Elementos urbanos se suceden en “Canción de Bajo Belgrano”, una mirada fragmentaria (o de caleidoscopio, como dice la canción) que recupera el motivo del hombre solo en la multitud. “Maribel se durmió”, por su parte, es uno de esos desafíos vocales que cada tanto Spinetta se pone a sí mismo. No dice nada que pueda relacionarse con las Madres sin la ayuda de algún paratexto pero la dedicatoria es un indicador de su relativamente nuevo interés por el espacio público Pero el tema más importante del disco es “Resumen porteño”. Como en “Era de Uranio”, Spinetta trabaja acá con tres personajes. Pasa que mientras unos se mueven en territorios más bien oníricos, los otros lo hacen en contextos cotidianos. El mandarín, la vieja bailarina absurda y el cantautor se oponen de manera clara a Cacho, Águeda y Ricky, preocupados por asuntos como la colimba, la dieta y la pesca. El mismo título señala esta diferencia: se trata de un resumen y por lo tanto de una parte de la totalidad que se cree representativa. Por supuesto, el pacto realista que la canción solicita no carece de inconvenientes, pero es evidente que Spinetta sale de su acostumbrado espacio poético. La canción concluye con el afectado estiramiento de las últimas vocales de una frase muy afortunada: “Usualmente / solo flotan cuerpos a esta hora”. Ese “usualmente”, que vuelve rutinario lo que debería ser extraño, es otro adverbio exacto. 

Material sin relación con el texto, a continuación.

-- ===== src/Edit/Replace.antt =====
-- json/meta.go: what `Replace` by a node does to the document.
use roundtrip.Base.{
  ℕ, ◌<◌, ◌≡◌, refl, ap, sym, ◌∙◌, ◌⊎◌, inl, inr, List, [], ◌∷◌, ◌++◌, Bool, true, some, All, Text,
  subst,
}
use roundtrip.Chars.{Unicode, IsUnicode}
use roundtrip.Decoder.{Decoder, Node, start_of, end_of, ParseErrorKind, Result, ok, parse_error}
use roundtrip.Document.{Meta, decoder_with}
use roundtrip.Document.Preserves.{Preserved, document, rejected, decode_meta-Preserved}
use roundtrip.Edit.{
  Edited, done, failed, invalid_value, elems_of, input_of, validate_node_syntax, replaced_by,
  replace_with_node,
}
use roundtrip.Syntax.{SyntaxOptions}
use roundtrip.Token.{Token, literals}
use roundtrip.TokenList.Ranges.{Range, cut, replace_range, replaced}
use roundtrip.TokenList.Ranges.Cuts.{cut-Cuts}
use roundtrip.TokenList.{Elem, TokenList, values}
use roundtrip.Tree.{Handle, bytes, clone}
use roundtrip.Tree.Copies.{clone-Cloned, node_tokens-Cloned, node_tokens-Cuts, values-copies}
use roundtrip.Tree.Clones.{Within, clone_total}

verdict :
    {b : Bool} {s : Text} {r : Result Meta}
    → Preserved b s r
    → ((m : Meta) × (d : Decoder) × (r ≡ ok m d))
      ⊎ ((e : ParseErrorKind) × (t : Token) × (d : Decoder) × (r ≡ parse_error e t d))
verdict (document {m} {d} _ _ _ _ _ _) = inl (m, d, refl)
verdict (rejected {e} {t} {d} _ _) = inr (e, t, d, refl)

-- A value is accepted or refused: its decoding neither panics nor runs out of fuel.
pub validate_cases :
    (u : Unicode)
    → IsUnicode u
    → (rune_len : ℕ → ℕ) (value : Handle) (opts : SyntaxOptions)
    → ((m : Meta) × (d : Decoder) × (validate_node_syntax u rune_len value opts ≡ ok m d))
      ⊎ ((e : ParseErrorKind) × (t : Token) × (d : Decoder) × (validate_node_syntax u rune_len value
              opts
            ≡ parse_error e t d))
unfolding validate_node_syntax
validate_cases u law rune_len value opts = verdict (
    decode_meta-Preserved u law true
      (decoder_with (input_of u rune_len (bytes (elems_of value) value.node)) opts) tt)

-- Every address in the list is in use.
abbrev pub Older : List Elem → ℕ → Type 0
Older es fresh = All (λ e. e.id < fresh) es

-- `new` stands in place of the range `r`, holds the tokens of the range `v`, and is what the node `m`
-- stands for.
pub record Replacement (r : Range) (v : Range) (source : Text) (ts : TokenList) (m : Node)
    : Type 0 where
  pub new : List Elem
  pub elems : ts.elems ≡ r.left ++ (new ++ r.right)
  pub tokens : values new ≡ values v.inside
  pub text : bytes ts.elems m ≡ source

-- What `Replace` returns for a value that decodes, or that does not.
pub data ReplaceResult (u : Unicode) (rune_len : ℕ → ℕ) (n value : Handle) (r v : Range)
    : Edited → Type 0 where
  replaced_in :
      {m : Meta} {d : Decoder} {ts : TokenList} {k : Node}
      → validate_node_syntax u rune_len value n.owner.syntax ≡ ok m d
      → Replacement r v (bytes (elems_of value) value.node) ts k
      → ReplaceResult u rune_len n value r v (done ts k)
  refused :
      {e : ParseErrorKind} {t : Token} {d : Decoder}
      → validate_node_syntax u rune_len value n.owner.syntax ≡ parse_error e t d
      → ReplaceResult u rune_len n value r v (failed (invalid_value e t))

pub Older-left :
    (es : List Elem) (a b : ℕ) (r : Range) (k : ℕ)
    → cut es a b ≡ some r
    → Older es k
    → Older r.left k
Older-left es a b r k c o =
    let p = cut-Cuts es a b r c in
    split r.left (r.inside ++ r.right) (subst (λ x. Older x k) p.parts o)
  where
    split : (xs ys : List Elem) → Older (xs ++ ys) k → Older xs k
    split [] ys o = tt
    split (x ∷ xs) ys (p, o) = (p, split xs ys o)

replaced_by-Replacement :
    (n value : Handle) (r v : Range)
    → cut (elems_of n) (start_of n.node) (end_of n.node) ≡ some r
    → cut (elems_of value) (start_of value.node) (end_of value.node) ≡ some v
    → Within v.inside value.node
    → Older (elems_of n) n.owner.tokens.fresh
    → (ts : TokenList) × (k : Node) × (replaced_by n
          (clone n.owner.tokens.fresh (elems_of value) value.node)
        ≡ done ts k)
      × Replacement r v (bytes (elems_of value) value.node) ts k
unfolding replaced_by replace_range replaced
replaced_by-Replacement n value r v cr cv w old =
    let fresh = n.owner.tokens.fresh in
    let (k, src, h) = clone_total fresh (elems_of value) value.node v cv w in
    let c = clone-Cloned fresh (elems_of value) value.node k src v cv h in
    (
      record { elems = r.left ++ (src.elems ++ r.right); fresh = src.fresh },
      k,
      rw (h, cr) refl,
      record {
        new = src.elems;
        elems = refl;
        tokens = ap values c.elems ∙ values-copies v.inside fresh;
        text = ap literals (
            node_tokens-Cloned r.left r.right (Older-left (elems_of n) _ _ r fresh cr old) c
            ∙ sym (
                node_tokens-Cuts (elems_of value) value.node v
                  (cut-Cuts (elems_of value) _ _ v cv)));
      },
    )

-- The tables of runes are as documented on ASCII. The ends of the node and of the value are in order in
-- their token lists, the descendants of the value start and end in its range, and the addresses of the
-- document's elements are in use. `Replace` by a node returns the error with which the value's source
-- text is refused under the document's syntax, or else changes the token list and the node so that new
-- elements with the value's tokens stand in place of those of the node, all other elements stay as they
-- are and where they are, and the source text of the node is that of the value.
pub replace_with_node-ReplaceResult :
    (u : Unicode) (law : IsUnicode u) (rune_len : ℕ → ℕ) (n value : Handle) (r v : Range)
    → cut (elems_of n) (start_of n.node) (end_of n.node) ≡ some r
    → cut (elems_of value) (start_of value.node) (end_of value.node) ≡ some v
    → Within v.inside value.node
    → Older (elems_of n) n.owner.tokens.fresh
    → ReplaceResult u rune_len n value r v (replace_with_node u rune_len n value)
unfolding replace_with_node
replace_with_node-ReplaceResult u law rune_len n value r v cr cv w old =
    elim (validate_cases u law rune_len value n.owner.syntax) [
      | inl (m, d, h) ↦
          let (ts, k, q, p) = replaced_by-Replacement n value r v cr cv w old in
          rw (h, q) (replaced_in h p)
      | inr (e, t, d, h) ↦ rw h (refused h)
    ]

“Camafeo” fue el corte de difusión de Madre en años luz, el último disco de Jade. Un beat insistente, una batería electrónica, una melodía adhesiva y una frase musical que puede ser tarareada. Casi un tema pop. Spinetta sigue con el oído abierto. No es el cuestionamiento de sus letras sino el sonido de sus contemporáneos lo que ahora  escucha. En diciembre de 1985 - después de su frustrada experiencia con García - graba Privé, una de las obras maestras más extrañas de la década. Enamorado de las nuevas tecnologías, Spinetta no se cansa de explicar en cada reportaje qué es un sampler, qué es un MIDI, cómo logró el sonido junto con Mariano López, cómo la gran mayoría de los temas están compuestos en un tempo altísimo, cómo sus letras se volvieron más directas. “La pelicana y el androide” es una historia de reconciliación entre naturaleza y técnica que Spinetta habría rechazado unos años antes. “Como un perro” incluye casi psicodélicos piropos de esquina de barrio. “No seas fanática”, con su estribillo memorable, pone en cuestión una vez más a sus oyentes. Pero la novedad del disco se concentra en “La mirada de Freud”, una canción que pone a Spinetta en el corazón de los años 80. Como si respondiera a su propia historia y a su imagen pública – si es que tales cosas son separables – el Flaco canta estas palabras: “La mirada de Freud / se inmiscuye en mis asuntos / Yo solo quiero bailar”. Ese verbo en primera persona, cuatro años después de Yendo de la cama al living, es también un aterrizaje, tanto como la letra de “Resumen porteño” lo fue un poco antes. Por aquellos días Spinetta le decía a Clarín: “A mí un grupo como Virus me ha dado una lección de música: lo negué tanto intelectualmente que cuando me abrí en serio a escucharlo me voló la cabeza. Me hizo entender toda su belleza. Esa es la única vía de crecimiento que es perenne. Abrirse como una flor y dejarse regar por lo nuevo”. Tal vez los hermanos Moura fueran entonces a su discoteca, tomaran el segundo álbum de Jade, buscaran su última canción y escucharan, seguramente felices, aquello de “Nunca me oíste en tiempo”. Por supuesto, Privé se puede bailar.